● **The problem**: How many of the lines below contain the word "passes"? Only the number is wanted.

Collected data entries
---*---
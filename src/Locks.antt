-- ===== src/Locks.antt =====
-- apps/backend/src/infrastructure/cache/RedisLockService.ts with the scripts of RedisClient.ts. The store
-- is a parameter: a key holds a value until a time, and what `SET ... PX ... NX`, `DEL` and `PEXPIRE` are
-- documented to do to it is assumed. A call that does not reach the store throws, and changes nothing.
pub mod Leases
pub mod Exclusion
pub mod Waiting
use chiliztv_com.Base.{
  ℕ, zero, suc, ◌+◌, ◌*◌, ◌<◌, ◌≡◌, Bool, true, false, Option, none, some, ltb, leb, Text, text_eq,
  if◌then◌else◌, ◌⊎◌,
}

-- The value at a time, from the entry with its deadline.
abbrev pub live : ℕ → Option (Text × ℕ) → Option Text
live now none = none
live now (some (value, deadline)) = if ltb now deadline then some value else none

pub record Redis : Type 1 where
  pub Store : Type 0
  pub entry : Text → Store → Option (Text × ℕ)
  pub set_nx : ℕ → Text → Text → ℕ → Store → Bool × Store
  pub del : Text → Store → Store
  pub pexpire : ℕ → Text → ℕ → Store → Store
  pub set_nx_taken :
      (now : ℕ) (key value held : Text) (ttl : ℕ) (store : Store)
      → live now (entry key store) ≡ some held
      → set_nx now key value ttl store ≡ (false, store)
  pub set_nx_free :
      (now : ℕ) (key value : Text) (ttl : ℕ) (store : Store)
      → live now (entry key store) ≡ none
      → ((set_nx now key value ttl store).0 ≡ true)
        × (entry key (set_nx now key value ttl store).1 ≡ some (value, now + ttl))
  pub pexpire_live :
      (now : ℕ) (key value : Text) (ttl : ℕ) (store : Store)
      → live now (entry key store) ≡ some value
      → entry key (pexpire now key ttl store) ≡ some (value, now + ttl)

pub data LockResult : Type 0 where
  acquired : Text → ℕ → LockResult
  taken : LockResult
  error : LockResult

module _ (redis : Redis) where
  open redis use {Store, entry, set_nx, del, pexpire}

  -- From whether the key was set; the deadline that the caller sees is by the clock of the process, which
  -- is read after the answer.
  abbrev pub lock_result : ℕ → ℕ → Text → Bool → LockResult
  lock_result clock ttl_seconds token true = acquired token (clock + ttl_seconds * 1000)
  lock_result clock ttl_seconds token false = taken

  -- The store is at `now` where it answers, the process at `clock` where it reads its own clock.
  unfoldable pub acquire : Bool → ℕ → ℕ → Text → ℕ → Text → Store → LockResult × Store
  acquire reached now clock key ttl_seconds token store =
      if reached
      then (
        lock_result clock ttl_seconds token (set_nx now key token (ttl_seconds * 1000) store).0,
        (set_nx now key token (ttl_seconds * 1000) store).1,
      )
      else (error, store)

  -- `redis.call("GET", KEYS[1]) == ARGV[1]`
  abbrev pub holds : ℕ → Text → Text → Store → Bool
  holds now key token store = elim (live now (entry key store)) [
    | none ↦ false
    | some value ↦ text_eq value token
  ]

  -- LUA_RELEASE_LOCK
  unfoldable pub release : Bool → ℕ → Text → Text → Store → Bool × Store
  release reached now key token store =
      if reached
      then (if holds now key token store then (true, del key store) else (false, store))
      else (false, store)

  -- LUA_RENEW_LOCK
  unfoldable pub renew : Bool → ℕ → Text → Text → ℕ → Store → Bool × Store
  renew reached now key token ttl_seconds store =
      if reached
      then (if holds now key token store
          then (true, pexpire now key (ttl_seconds * 1000) store)
          else (false, store))
      else (false, store)

abbrev pub wait_poll_ms : ℕ
wait_poll_ms = 200

-- The loop of `withLock` until the lock is acquired: the attempts answer in turn, the clock stands at a
-- time before each sleep and one poll or more later after it. `none` means that the fuel ran out, true
-- that the lock was acquired.
unfoldable pub wait_for : ℕ → Bool → ℕ → (ℕ → Bool) → (ℕ → ℕ) → ℕ → Option Bool
wait_for zero skips deadline tries times n = none
wait_for (suc fuel) skips deadline tries times n =
    let rest = wait_for fuel skips deadline tries times (suc n) in
    if tries n
    then some true
    else if skips
    then some false
    else if leb deadline (times n)
    then some false
    else rest
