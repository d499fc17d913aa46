-- ===== src/Locks/Leases.antt =====
-- The steps of the processes, and what a call tells a process of the entry in the store.
use chiliztv_com.Base.{
  text_eq_iff, Option, ◌↔◌, Bool-cases, refl, update_where, true, text_eq, false, ap, inr, not,
  filter, inl, Option-cases, ◌≤◌, arith, none, some, ◌⊎◌, ◌<◌, ℕ, ◌+◌, ◌*◌, ◌≡◌, ◌≢◌, Bool, List,
  ◌∷◌, Among, Text,
}
use chiliztv_com.Locks.{
  lock_result, holds, renew, release, error, live, taken, Redis, acquired, acquire,
}

-- The store with the time, and what the processes believe: the tokens that they hold, each with the end
-- of its lease.
pub record Holding : Type 0 where
  pub token : Text
  pub until : ℕ

module _ (redis : Redis) (key : Text) where
  open redis use {Store, entry}

  pub record System : Type 0 where
    pub store : Store
    pub now : ℕ
    pub holdings : List Holding

  abbrev IsFresh : Text → List Holding → Type 0
  IsFresh token holdings = (h : Holding) → Among h holdings → h.token ≢ token

  -- A new token is acquired, a token is given back or renewed, or time passes.
  pub data Step (s : System) : System → Type 0 where
    acquires :
        (reached : Bool) (clock ttl at : ℕ) (token : Text)
        → IsFresh token s.holdings
        → (acquire redis reached s.now clock key ttl token s.store).0 ≡ acquired token at
        → Step s (record s {
          store = (acquire redis reached s.now clock key ttl token s.store).1;
          holdings = record { token = token; until = s.now + ttl * 1000 } ∷ s.holdings;
        })
    attempts :
        (reached : Bool) (clock ttl : ℕ) (token : Text)
        → ((acquire redis reached s.now clock key ttl token s.store).0 ≡ taken)
          ⊎ ((acquire redis reached s.now clock key ttl token s.store).0 ≡ error)
        → Step s (record s { store = (acquire redis reached s.now clock key ttl token s.store).1 })
    releases :
        (reached : Bool) (token : Text)
        → Step s (record s {
          store = (release redis reached s.now key token s.store).1;
          holdings = filter (λ (h : Holding). not (text_eq h.token token)) s.holdings;
        })
    renews :
        (reached : Bool) (ttl : ℕ) (token : Text)
        → (renew redis reached s.now key token ttl s.store).0 ≡ true
        → Step s (record s {
          store = (renew redis reached s.now key token ttl s.store).1;
          holdings =
              update_where
                (λ (h : Holding). text_eq h.token token)
                (λ h. record h { until = s.now + ttl * 1000 })
                s.holdings;
        })
    loses :
        (reached : Bool) (ttl : ℕ) (token : Text)
        → (renew redis reached s.now key token ttl s.store).0 ≡ false
        → Step s (record s { store = (renew redis reached s.now key token ttl s.store).1 })
    passes : (time : ℕ) → Step s (record s { now = s.now + time })

  pub data Reach (start : System) : System → Type 0 where
    here : Reach start start
    next : {s t : System} → Reach start s → Step s t → Reach start t

  -- The entry backs each lease that is not over.
  abbrev pub Backs : Store → ℕ → Holding → Type 0
  Backs store now h =
      now < h.until
      → (deadline : ℕ) × (entry key store ≡ some (h.token, deadline)) × (h.until ≤ deadline)

  abbrev pub IsBacked : System → Type 0
  IsBacked s = (h : Holding) → Among h s.holdings → Backs s.store s.now h

  pub backed_live :
      (store : Store) (now : ℕ) (h : Holding)
      → Backs store now h
      → now < h.until
      → live now (entry key store) ≡ some h.token
  backed_live store now h b l = let (d, e, k) = b l in rw e (ground arith)

  lock_won :
      (clock ttl : ℕ) (token : Text) (at : ℕ) (b : Bool)
      → lock_result redis clock ttl token b ≡ acquired token at
      → b ≡ true
  lock_won clock ttl token at true e = refl
  lock_won clock ttl token at false e = absurd (ground arith)

  lock_lost :
      (clock ttl : ℕ) (token : Text) (b : Bool)
      → (lock_result redis clock ttl token b ≡ taken)
        ⊎ (lock_result redis clock ttl token b ≡ error)
      → b ≡ false
  lock_lost clock ttl token true e = absurd (ground arith)
  lock_lost clock ttl token false e = refl

  pub acquire-free :
      (reached : Bool) (now clock ttl at : ℕ) (token : Text) (store : Store)
      → (acquire redis reached now clock key ttl token store).0 ≡ acquired token at
      → (live now (entry key store) ≡ none)
        × (entry key (acquire redis reached now clock key ttl token store).1
            ≡ some (token, now + ttl * 1000))
  unfolding acquire
  acquire-free false now clock ttl at token store e = absurd (ground arith)
  acquire-free true now clock ttl at token store e =
      elim (Option-cases (live now (entry key store))) [
        | inl free ↦ (free, (redis.set_nx_free now key token (ttl * 1000) store free).1)
        | inr (held, h) ↦ absurd (
            cc (
              lock_won clock ttl token at (redis.set_nx now key token (ttl * 1000) store).0 e,
              ap (λ (x : Bool × Store). x.0)
                  (redis.set_nx_taken now key token held (ttl * 1000) store h),
            ))
      ]

  pub acquire-unchanged :
      (reached : Bool) (now clock ttl : ℕ) (token : Text) (store : Store)
      → ((acquire redis reached now clock key ttl token store).0 ≡ taken)
        ⊎ ((acquire redis reached now clock key ttl token store).0 ≡ error)
      → (acquire redis reached now clock key ttl token store).1 ≡ store
  unfolding acquire
  acquire-unchanged false now clock ttl token store e = refl
  acquire-unchanged true now clock ttl token store e =
      elim (Option-cases (live now (entry key store))) [
        | inl free ↦ absurd (
            cc (
              lock_lost clock ttl token (redis.set_nx now key token (ttl * 1000) store).0 e,
              (redis.set_nx_free now key token (ttl * 1000) store free).0,
            ))
        | inr (held, h) ↦
            ap (λ (x : Bool × Store). x.1)
              (redis.set_nx_taken now key token held (ttl * 1000) store h)
      ]

  holds_iff :
      (now : ℕ) (token : Text) (store : Store)
      → (holds redis now key token store ≡ true) ↔ (live now (entry key store) ≡ some token)
  holds_iff now token store = holds_value (live now (entry key store))
    where
      holds_value :
          (o : Option Text)
          → ((elim o [ none ↦ false | some value ↦ text_eq value token ]) ≡ true) ↔ (o ≡ some token)
      holds_value none = ((λ e. absurd (ground arith)), (λ e. absurd (ground arith)))
      holds_value (some value) = (
        (λ e. ap some ((text_eq_iff value token).0 e)),
        (λ e. (text_eq_iff value token).1 (ground arith)),
      )

  -- A release or a failed renewal leaves the store, or its token held the lock.
  pub release_cases :
      (reached : Bool) (now : ℕ) (token : Text) (store : Store)
      → ((release redis reached now key token store).1 ≡ store)
        ⊎ (live now (entry key store) ≡ some token)
  unfolding release
  release_cases false now token store = inl refl
  release_cases true now token store = elim (Bool-cases (holds redis now key token store)) [
    | inl e ↦ inr ((holds_iff now token store).0 e)
    | inr e ↦ inl (rw e refl)
  ]

  pub renew_lem :
      (reached : Bool) (now ttl : ℕ) (token : Text) (store : Store)
      → ((renew redis reached now key token ttl store).0 ≡ true
          → (live now (entry key store) ≡ some token)
            × (entry key (renew redis reached now key token ttl store).1
                ≡ some (token, now + ttl * 1000)))
        × ((renew redis reached now key token ttl store).0 ≡ false
            → (renew redis reached now key token ttl store).1 ≡ store)
  unfolding renew
  renew_lem false now ttl token store = ((λ e. absurd (ground arith)), (λ e. refl))
  renew_lem true now ttl token store = elim (Bool-cases (holds redis now key token store)) [
    | inl e ↦
        let held = (holds_iff now token store).0 e in
        rw e (
          (λ t. (held, redis.pexpire_live now key token (ttl * 1000) store held)),
          (λ f. absurd (ground arith)),
        )
    | inr e ↦ rw e ((λ t. absurd (ground arith)), (λ f. refl))
  ]

  pub same_token :
      (store : Store) (now : ℕ) (h : Holding) (token : Text)
      → Backs store now h
      → now < h.until
      → live now (entry key store) ≡ some token
      → h.token ≡ token
  same_token store now h token b l e = let own = backed_live store now h b l in ground arith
---*---
● **Answer for this exercise**: 2